Deep Vision - Machine Learning Computer Vision for Processing (Library)

Hello Together

I’m happy to present you a project I’ve been working on for over a year now. With OpenCV for Processing we have a good base library for traditional image processing. However, these algorithms are more and more pushed into the background by machine learning.

Therefore I started a year ago to develop a library that (mainly) uses the Deep Neural Network (DNN) module of OpenCV to bring machine learning, especially CNN into the Processing world.

The library is not about training these networks, but about inferencing (executing a prediction) them.

:zap: The API of the library can and will still change, because it is just a pre-release.

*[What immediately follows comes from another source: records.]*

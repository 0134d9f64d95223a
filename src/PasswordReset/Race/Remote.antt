-- ===== src/PasswordReset/Race/Remote.antt =====
-- One turn of a call of `confirm_reset` with the blacklist in a Redis server that can be reached:
-- what it does to the token's key, which is all that the calls share.
use ms_auth_service.Prelude.{
  ℕ, ◌-◌, ◌/◌, String, ◌≡◌, refl, inl, inr, true, false, Option, none, some, ◌==◌, if◌then◌else◌,
  max, arith, Option-cases,
}
use ms_auth_service.Py.Exec.{Result-cases, Exn, ok, raise, Exec}
use ms_auth_service.Redis.{Redis, Raw}
use ms_auth_service.Redis.Laws.{IsReachable, flag}
use ms_auth_service.RateLimit.Memory.{ticks}
use ms_auth_service.Identity.{value}
use ms_auth_service.PasswordReset.{Settings, Service, Update, token_used}
use ms_auth_service.PasswordReset.Confirm.{blacklist_key, reserve_token, release_token}
use ms_auth_service.PasswordReset.Confirm.Branches.{call_lem}
use ms_auth_service.PasswordReset.Race.{Call, Pc, is_active, turn, IsConnected, after_reserve}

-- The key of the call's token.
abbrev pub token_key : Call → String
token_key k = blacklist_key k.claims.jti

-- What a turn does to a map of keys, when the token's key is `key`.
pub data Turned (key : String) (m n : String → Option Raw) : Pc → Pc → Type 0 where
  reserves :
      m key ≡ none
      → ((j : String) → n j ≡ (if key == j then some flag else m j))
      → Turned key m n Pc.ready Pc.reserved
  refuses :
      (v : Raw)
      → m key ≡ some v
      → ((j : String) → n j ≡ m j)
      → Turned key m n Pc.ready (Pc.refused token_used)
  calls : ((j : String) → n j ≡ m j) → Turned key m n Pc.reserved Pc.done
  fails : (e : Exn) → ((j : String) → n j ≡ m j) → Turned key m n Pc.reserved (Pc.failing e)
  releases :
      (e : Exn)
      → ((j : String) → n j ≡ (if key == j then none else m j))
      → Turned key m n (Pc.failing e) (Pc.refused e)

module _ {Server Spring : Type 0} (redis : Redis Server) (law : IsReachable redis) where
  pub reserve_free :
      (now : ℕ) (jti : String) (ttl : ℕ) (t : Server) (s : Service Server Spring)
      → IsConnected s
      → redis.set_nx (blacklist_key jti) (max ttl 1) s.server ≡ (ok true, t)
      → reserve_token redis now jti ttl s ≡ (ok tt, record s { server = t })
  unfolding reserve_token
  reserve_free now jti ttl t s h e = rw (h.remote, h.connected, e) refl

  reserve_taken :
      (now : ℕ) (jti : String) (ttl : ℕ) (s : Service Server Spring)
      → IsConnected s
      → redis.set_nx (blacklist_key jti) (max ttl 1) s.server ≡ (ok false, s.server)
      → reserve_token redis now jti ttl s ≡ (raise token_used, s)
  unfolding reserve_token
  reserve_taken now jti ttl s h e = rw (h.remote, h.connected, e) refl

  -- A reservation does not reach the Spring service.
  pub reserve-spring :
      (k : Call) (s : Service Server Spring)
      → IsConnected s
      → (after_reserve (
          reserve_token redis k.later k.claims.jti
            (max (k.claims.exp - k.at / ticks) 1)
            s)).1.spring
        ≡ s.spring
  reserve-spring k s h =
      let ttl = max (k.claims.exp - k.at / ticks) 1 in
      elim (Option-cases (law.contents s.server (token_key k))) [
        | inl free ↦
            let (t, e, _) = law.set_nx_free (token_key k) (max ttl 1) s.server free in
            rw (reserve_free k.later k.claims.jti ttl t s h e) refl
        | inr (v, taken) ↦
            rw
              (reserve_taken k.later k.claims.jti ttl s h
                (law.set_nx_taken (token_key k) (max ttl 1) s.server v taken))
              refl
      ]

  release_remote :
      (jti : String) (t : Server) (s : Service Server Spring)
      → IsConnected s
      → redis.delete (blacklist_key jti) s.server ≡ (ok tt, t)
      → release_token redis jti s ≡ (ok tt, record s { server = t })
  unfolding release_token
  release_remote jti t s h e = rw (h.remote, h.connected, e) refl

  module _ (c : Settings) (post : Update → Exec Spring ℕ) (k : Call) (s : Service Server Spring)
      (h : IsConnected s) where
    abbrev Turns : Pc → Pc × Service Server Spring → Type 0
    Turns p (p', s') =
        Turned (token_key k) (law.contents s.server) (law.contents s'.server) p p' × IsConnected s'

    server-IsConnected : (t : Server) → IsConnected (record s { server = t })
    server-IsConnected t = record { remote = h.remote; connected = h.connected }

    spring-IsConnected : (w : Spring) → IsConnected (record s { spring = w })
    spring-IsConnected w = record { remote = h.remote; connected = h.connected }

    turn-ready : Turns Pc.ready (turn redis c post k Pc.ready s)
    unfolding turn
    turn-ready =
        let key = token_key k in
        let ttl = max (k.claims.exp - k.at / ticks) 1 in
        elim (Option-cases (law.contents s.server key)) [
          | inl free ↦
              let (t, e, after) = law.set_nx_free key (max ttl 1) s.server free in
              rw (reserve_free k.later k.claims.jti ttl t s h e)
                (Turned.reserves free after, server-IsConnected t)
          | inr (v, taken) ↦
              rw
                (reserve_taken k.later k.claims.jti ttl s h
                  (law.set_nx_taken key (max ttl 1) s.server v taken))
                (Turned.refuses v taken (λ j. refl), h)
        ]

    turn-reserved : Turns Pc.reserved (turn redis c post k Pc.reserved s)
    unfolding turn
    turn-reserved =
        let (r, w, e) = call_lem c post (value k.account_type) k.database_id k.password s in
        elim (Result-cases r) [
          | inl (u, r_eq) ↦ rw (e, r_eq) (Turned.calls (λ j. refl), spring-IsConnected w)
          | inr (x, r_eq) ↦ rw (e, r_eq) (Turned.fails x (λ j. refl), spring-IsConnected w)
        ]

    turn-failing : (x : Exn) → Turns (Pc.failing x) (turn redis c post k (Pc.failing x) s)
    unfolding turn
    turn-failing x =
        let (t, e, after) = law.delete_lem (token_key k) s.server in
        rw (release_remote k.claims.jti t s h e) (Turned.releases x after, server-IsConnected t)

    -- A call that has not ended takes its turn so.
    pub turn-Turns : (p : Pc) → is_active p ≡ true → Turns p (turn redis c post k p s)
    turn-Turns Pc.ready a = turn-ready
    turn-Turns Pc.reserved a = turn-reserved
    turn-Turns (Pc.failing x) a = turn-failing x
    turn-Turns Pc.done a = ground arith
    turn-Turns (Pc.refused x) a = ground arith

Example: SSD MobileNet & Lightweight Open Pose

Installation

The library can be downloaded as usual from the Processing contribution manager.

Networks

At the moment, more than 25 different networks are implemented, from YOLO to Lightweight OpenPose to MIDAS. All of them have pre-trained weights. These networks are divided into different categories:

  • Object Detection :sparkles:
  • Object Segmentation
  • Object Recognition :blue_car:
  • Keypoint Detection :woman_playing_handball:t2:
  • Classification :cat2:
  • Depth Estimation :dark_sunglasses:
  • Image Processing

To keep the library small I developed a repository system that automatically downloads the files you need for the chosen network.

Performance

The implementation was optimized for the CPU and many networks run with 20-30 FPS on a good CPU. But it is also possible to use the CUDA backend of OpenCV. There you have to download a special version of the library, which only works on Linux x86/x64 and Windows and is quite big (2-5 GB).

Next Steps

At the moment I’m working on improving the speed on the CPU by optimizing the pre and post process. I am also experimenting with ONNX directly to have a second inference engine.

Additionally I’m still working on the documentation and more examples and I would be very happy if someone wants to contribute to it.

Thank you very much for testing & feedback.

20 Likes

This is amazing, really. I’ve been looking for something like this! :tada:

1 Like

This is amazing! Thank you so much. I will be using this to teach my students. Fantastic work

1 Like

Hi can I ask why i getting a red line at network.setup it saying :

OpenCV(4.5.1) modules\dnn\src\torch\THDiskFile.cpp:286: error: (-2:Unspecified error) read error: read 659639 blocks instead of 780300 in function ‘TH::THDiskFile_readFloat’

I did go though your github but I not sure why I getting this error, am I missing something?

I need more information about how you are using the library (code) and what are you trying to do. Otherwise I can not help you.

But usually if there is a problem with reading the weights, they are not downloaded correctly. I already implemented a behaviour to prevent this, but it’s not released yet.

To delete broken packages, use the following line of code before setting up the network:

deepVision.clearRepository()

Hello, I want use the library to play a video when a face is detected in the webcam and change the video to another one when there is no face in front of webcam.

I tried understanding but I am unable to declare the case using the syntax, when no face is detected in webcam.

For instance I want say if (no face is detected) { play video1 }; else { play video2}

How should I go about it

Check out the face-detection example: If you want to check if a face is currently present, just check how many faces have been detected:

if(detections.size() > 0) {
    // face is present
} else {
    // no face
}
1 Like

Hi! I´m exploring the Deep Vision library. I made a model using teachable machine and it kind of worked with Deep Vision using SSDMobileNetwork network. The thing is it only picks up one of the labels. Any ideas? What do you reckon? Thank you in advanced! This is AMAZING work!

Hi Florian, My name is Carlos Vaz. Iam a professor at a Federal University in Brazil. We are developing research that has the goal of using aerial drone images to count people and cars from top in open spaces. I found your library on Github and I want to know if it is possible to train it to do this task.

The library is an inferencing library which does not contain any support for training. But as described in the readme, it is of course possible to train a network and use it later in the library. But for areal object detection I would use a specific network anyway (for example), because the detection anchors and grids in the default networks are usually too big for small objects.

I would recommend you first try out the default networks (YOLO & MaskRCNN) and see if it works. It really depends on your images (how far away, which angle and so on).

Would it be possible to share your trained model with me so I could test it?